Project presentation slides

  • 1. College Scorecard Predicting Earnings To Debt Ratio Emdadul Haque and Derek Atwood
  • 2. Data Description College Scorecard data: https://www.kaggle.com/kaggle/college-scorecard ● Data collected from 1996 - 2013 ● 2009 dataset chosen for completeness and recency ● 7149 observations / 1484 features ● Each observation corresponds to a unique College ● Features related to demographics, cost of attendance, proportion of students receiving financial aid, earnings multiple years after matriculation, etc
  • 3. Data Description ● Lots of missing data! ● Some information not reported by specific Colleges ● Some information suppressed for privacy
  • 4. Data Processing ● Variables with >15% of observations missing were removed ● Response variable created as a ratio of median earnings six years after matriculation vs. median debt ● For each variable, missing values were replaced with the median of non-missing values ● Highly correlated and low variance variables were removed
  • 5. Data Processing ● Outliers diagnosed and removed (~0.5% of response variable)

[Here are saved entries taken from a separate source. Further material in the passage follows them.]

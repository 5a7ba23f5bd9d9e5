-- ===== src/Tests/Replies.antt =====
-- Calls of one connection, answered and broken off.
use go_im_system.Prelude.{◌≤◌, ◌≡◌, refl, true, List, [], ◌∷◌, ◌++◌, none, some, arith, ◌⊎◌}
use go_im_system.Text.{codes}
use go_im_system.Rpc.Client.{
  Turn, send_call, write_ends, header_comes, body_ends, caller_leaves, new_client_codec, run, send,
  step, written, on_header, on_body, remove_call, register_call, give_up, terminate_calls,
}
use go_im_system.Rpc.Client.Once.{run_once}
use go_im_system.Rpc.Client.Answered.{all_answered, breaks}

-- Three calls: the first is answered, the caller of the second leaves, the third waits.
abbrev three_calls : List Turn
three_calls =
    send_call (codes "Logic.Online")
    ∷ (write_ends none
        ∷ (send_call (codes "Logic.Unread")
            ∷ (write_ends none
                ∷ (header_comes 1 []
                    ∷ (body_ends none
                        ∷ (caller_leaves 1 ∷ (send_call (codes "Logic.Ack") ∷ [])))))))

run_once_example : ((run three_calls new_client_codec).calls 0).done ≤ 1
run_once_example = run_once three_calls 0

three_calls-next : (run (three_calls ++ breaks (codes "EOF")) new_client_codec).next ≡ 3
unfolding run step send written on_header on_body remove_call register_call give_up terminate_calls
three_calls-next = refl

all_answered_example :
    let c = run (three_calls ++ breaks (codes "EOF")) new_client_codec in
    ((c.calls 2).done ≡ 1) ⊎ (c.given_up 2 ≡ true)
all_answered_example =
    all_answered three_calls (codes "EOF") 2 (omega (arith, three_calls-next))
      (omega (arith, three_calls-next))

third_call_broken :
    ((run (three_calls ++ breaks (codes "EOF")) new_client_codec).calls 2).error
    ≡ some (codes "EOF")
unfolding run step send written on_header on_body remove_call register_call give_up terminate_calls
third_call_broken = refl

  • 6. Analysis ● Originally we intended to use data from 2009 to predict earnings to debt ratio for 2011 ● Predictors with low amounts of missing values in 2009 had large amounts of missing values in 2011, and vice versa ● Final data consisted of 5130 observations and 223 predictors ● 2009 data split into training (70%) and testing (30%) sets
  • 7. Methodology Linear Model: ● Poor performance (negative predicted ratios) Lasso: ● Exploratory lasso model selected ~120-130 variables for various iterations ● Models resulted in MSE of ~0.45 (R2 ~0.65) Principal Component Analysis ● No single predictor explained a significant percentage of variance
  • 8. Random Forest Explained ● Ensemble learning method that aggregates regression trees ● A subset of the total predictors is used to build each tree ● + Handles large numbers of variable without deletion ● + Runs efficiently on large data sets ● + Inherent treating of interactions between variables ● - Loss of interpretability
  • 10. Random Forest Final Model: One-half of the total predictors used per tree Forest of 200 trees MSE of ~0.3 (R2 ~ 0.75)
  • 11.
  • 12. Conclusion ● Missing data provided greatest challenge to building an accurate model ● Data was decidedly unclean - redundant variables, missing factor levels, etc ● Significant amount of data processing required (~¾ of time spent) ● Imputing missing data with median values increased model performance ● The large amount of missing data likely sets an upper bound on the performance of this model, but more data processing, feature engineering, and additional tuning of parameters could result in more robust performance.